Welcome back, students, so, students we were talking about one beautiful example which we left in between, let’s continue that example. Well, that example was that there was this system and we were supposed to find accelerations. Well, we had reached till this state wherein we determined the FBD. We saw what were the direction of friction and also applying constrained equations, constrained methods by using of principle of virtual work, we found that if acceleration of capital M is a right wards, then acceleration of small m will be 2a down, and since capital M and small m are connected therefore acceleration of small m will be also small a right. So we reached till this point, now it is all about writing or using Laws of Motion correctly.
So let’s talk about Laws of Motion, first let’s analyse small m. Now along horizontal direction, students, N1 is responsible for acceleration. So along horizontal what can we say, N1 will be small ma. And in vertical direction we can say if acceleration is down, then we can say mg minus f1 minus t will be m into 2 a but since it is a kinetic friction because there will be relative slipping hence f1 will be Mu1 into N1 you see inter relation.
Now this is small m, let’s talk about or first let’s analyse let’s first write down net equation, if we use N1 from ma and put in the second equation what we will get. We will get mg minus Mu1 ma plus t is equal to 2 into ma. So let’s name this equation to be our equation no.2.
Now we will talk about capital M, students, this was the FBD of capital M. Now along vertical direction first we can see that net force along vertical will be zero because there is no acceleration. Hence what can we say N2, right, this is thus upwards minus capital Mg minus f1 minus T will be zero. That is N2 will be equal to T plus f1 which was Mu1N1 plus Mg. Along horizontal what can we see, we can see 2 T tension right will try to pull the capital M block right. N1 and friction will oppose it. So 2T minus N1 minus f2 that is Mu2N2 will be capital Ma. Now we put N2 into this equation what do we get, we will get this particular expression, so I am solving what we will get. On solving we will get 2T minus whole bracket small ma plus Mu2T plus Mu1Mu2 small ma plus Mu2 capital Mg is equal to capital Ma. On further solving from all the equations we get the result acceleration to be two times small m minus Mu2 into capital M plus small m into g upon capital M plus small m into 5 plus 2 Mu1 minus Mu2.
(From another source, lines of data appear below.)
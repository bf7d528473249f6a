-- ===== src/Collaboration/Engine/Advances.antt =====
-- Which exchanges the engine makes of a state with the invariant.
use super_scientist_orchestr.Prelude.{
  ℕ, ◌+◌, String, ◌≡◌, refl, sym, ap, ◌∙◌, subst, true, false, not, ◌&&◌, Option, some, List, [],
  arith, nat_eq, string_eq, option_eq, list_eq, pair_eq, bool_eq, length, contains, before_last,
  bind_inv, is_some, is_some-inv, bind_intro, guard_intro, some_inj, guard_inv,
}
use super_scientist_orchestr.Audit.Chain.{value_beq_refl}
use super_scientist_orchestr.Collaboration.{
  Resources, PeerRequest, PeerContribution, CollaborationState, Platform, hash_of,
}
use super_scientist_orchestr.Collaboration.Termination.{
  topology_hashes, churn_count, contribution_depths, set_depth,
}
use super_scientist_orchestr.Collaboration.Integrity.{
  nothing_retained, exchange_binds, exchanges_bind,
}
use super_scientist_orchestr.Collaboration.Integrity.Replay.{has_integrity}
use super_scientist_orchestr.Collaboration.Engine.{
  evaluate_termination, matches_session, is_expected, has_declared_uses, require_parents,
  is_affordable, exchanged, advance_collaboration,
}
use super_scientist_orchestr.Collaboration.Observation.{
  build_state, with_hashes, observed, request_ids_of,
}
use super_scientist_orchestr.Collaboration.Engine.Retained.{
  retained_of, exchanges_bind-last, exchange_step-binds,
}
use super_scientist_orchestr.Collaboration.Engine.Exchange.{
  MayExchange, known_after, after_exchange, after_exchange-IsReplayed,
}
use super_scientist_orchestr.Collaboration.Engine.Replayed.{
  IsReplayed, IsReplayed-has_integrity, sealed,
}

module _ (platform : Platform) where
  pub build_state-inv :
      (payload s : CollaborationState)
      → build_state platform payload ≡ some s
      → (has_integrity platform payload ≡ true)
        × (s ≡ sealed payload (hash_of platform (platform.dump_state payload)))
  unfolding build_state
  build_state-inv payload s h =
      let (valid, made) = guard_inv (not (has_integrity platform payload)) _ h in
      (ground arith, sym (some_inj made))

  integrity-exchanges :
      (s : CollaborationState)
      → has_integrity platform s ≡ true
      → is_some (
          exchanges_bind platform s.session nothing_retained 1 s.requests s.contributions
            s.usage_history)
        ≡ true
  unfolding has_integrity
  integrity-exchanges s h = ground arith

  module _ (s : CollaborationState) (depths : List (String × ℕ))
      (inv : IsReplayed platform s depths) where
    -- A request whose identifier is taken does not pass the validator.
    integrity-fresh :
        (r : PeerRequest) (c : PeerContribution) (u : Resources) (prior : Option String) (churn : ℕ)
        (depths' : List (String × ℕ))
        → has_integrity platform
            (with_hashes platform (exchanged platform s.session s r c u) prior churn depths')
          ≡ true
        → contains (request_ids_of platform s.requests) r.request_id ≡ false
    unfolding with_hashes exchanged exchange_binds retained_of
    integrity-fresh r c u prior churn depths' h =
        let payload =
          with_hashes platform (exchanged platform s.session s r c u) prior churn depths' in
        let (known, bound) = is_some-inv _ (integrity-exchanges payload h) in
        let step =
          exchanges_bind-last platform s.session nothing_retained 1 (length s.requests + 1)
            s.requests s.contributions s.usage_history r c u (omega arith) inv.retained bound in
        let binds =
          exchange_step-binds platform s.session (retained_of platform s depths)
            (length s.requests + 1) r c u step in
        ground arith

    advance-checks :
        (r : PeerRequest) (c : PeerContribution) (u : Resources)
        → (matches_session platform s.session s
            && not (is_some (evaluate_termination platform s))
            && is_expected platform s.session s r c
            && has_declared_uses platform s.session r c
            && is_some (require_parents platform s.session s r c)
            && is_affordable platform s.session s r u)
          ≡ true
        → contains (request_ids_of platform s.requests) r.request_id ≡ false
        → (depth : ℕ) × MayExchange platform s r c u depth
    advance-checks r c u h fresh =
        let (depth, parents) =
          is_some-inv (require_parents platform s.session s r c) (ground arith) in
        (
          depth,
          record {
            going = ground arith;
            expected = ground arith;
            uses = ground arith;
            parents = parents;
            affordable = ground arith;
            fresh = fresh;
          },
        )

    -- An exchange that the engine makes: it passed the checks, its request was new, and the state
    -- behind it is the derived one.
    pub advance_collaboration-inv :
        (r : PeerRequest) (c : PeerContribution) (u : Resources) {s' : CollaborationState}
        → advance_collaboration platform s.session s r c u ≡ some s'
        → (depth : ℕ) × (may : MayExchange platform s r c u depth) × (hash : String) × (s'
            ≡ after_exchange platform s depths inv r c u depth may hash)
    unfolding advance_collaboration observed exchanged
    advance_collaboration-inv r c u {s'} h =
        let s1 = exchanged platform s.session s r c u in
        let prior = before_last (topology_hashes s.topology_history) in
        let churn = churn_count (topology_hashes s.topology_history) in
        let (checks, made) =
          guard_inv
            (not (
              matches_session platform s.session s
              && not (is_some (evaluate_termination platform s))
              && is_expected platform s.session s r c
              && has_declared_uses platform s.session r c
              && is_some (require_parents platform s.session s r c)
              && is_affordable platform s.session s r u))
            _ h in
        let (payload, seen, built) = bind_inv (observed platform s1 prior churn) _ made in
        let (depths', known, same) = bind_inv (contribution_depths [] s1.contributions) _ seen in
        let (valid, result) = build_state-inv payload s' built in
        let (depth, may) = advance-checks r c u (ground arith) (
          integrity-fresh r c u prior churn depths' (
            subst (λ (p : CollaborationState). has_integrity platform p ≡ true)
              (sym (some_inj same)) valid)) in
        let hash = hash_of platform (platform.dump_state payload) in
        let all_known = known_after platform s depths inv r c u depth may hash in
        (
          depth,
          may,
          hash,
          result
              ∙ ap (λ (p : CollaborationState). sealed p hash) (sym (some_inj same))
              ∙ ap (λ (d : List (String × ℕ)). sealed (with_hashes platform s1 prior churn d) hash)
                  (some_inj (sym known ∙ all_known)),
        )

    -- An exchange that passes the checks and whose request is new is made.
    pub advance_collaboration-total :
        (r : PeerRequest) (c : PeerContribution) (u : Resources) (depth : ℕ)
        → MayExchange platform s r c u depth
        → (s' : CollaborationState) × (advance_collaboration platform s.session s r c u ≡ some s')
    unfolding advance_collaboration observed exchanged with_hashes build_state
    advance_collaboration-total r c u depth may =
        let valid =
          IsReplayed-has_integrity platform
            (after_exchange platform s depths inv r c u depth may "")
            (set_depth c.contribution_id depth depths)
            (after_exchange-IsReplayed platform s depths inv r c u depth may "") in
        (
          _,
          guard_intro
              {b = not (
                matches_session platform s.session s
                && not (is_some (evaluate_termination platform s))
                && is_expected platform s.session s r c
                && has_declared_uses platform s.session r c
                && is_some (require_parents platform s.session s r c)
                && is_affordable platform s.session s r u)}
              (ground (
                arith,
                value_beq_refl (platform.dump_session s.session),
                may.going,
                may.expected,
                may.uses,
                may.parents,
                may.affordable,
              ))
              (bind_intro (build_state platform)
                (bind_intro _ (known_after platform s depths inv r c u depth may "") refl)
                (guard_intro (ap not valid) refl)),
        )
Students, of course, I was very fast from equation no. 4 onwards and the solving of it, you can always do it. But the main crux or the main heart of this problem is to write Laws of Motion equations correctly, to write constrained relations correctly, to mention all the forces correctly and to make sure the direction of friction has been taken correctly.
So that’s all for now in this module, students, please watch previous module and this module, again, again and again because this is a very beautiful case which will help you grow in friction chapter very nicely.
Well, that’s all for now till then thank you, students.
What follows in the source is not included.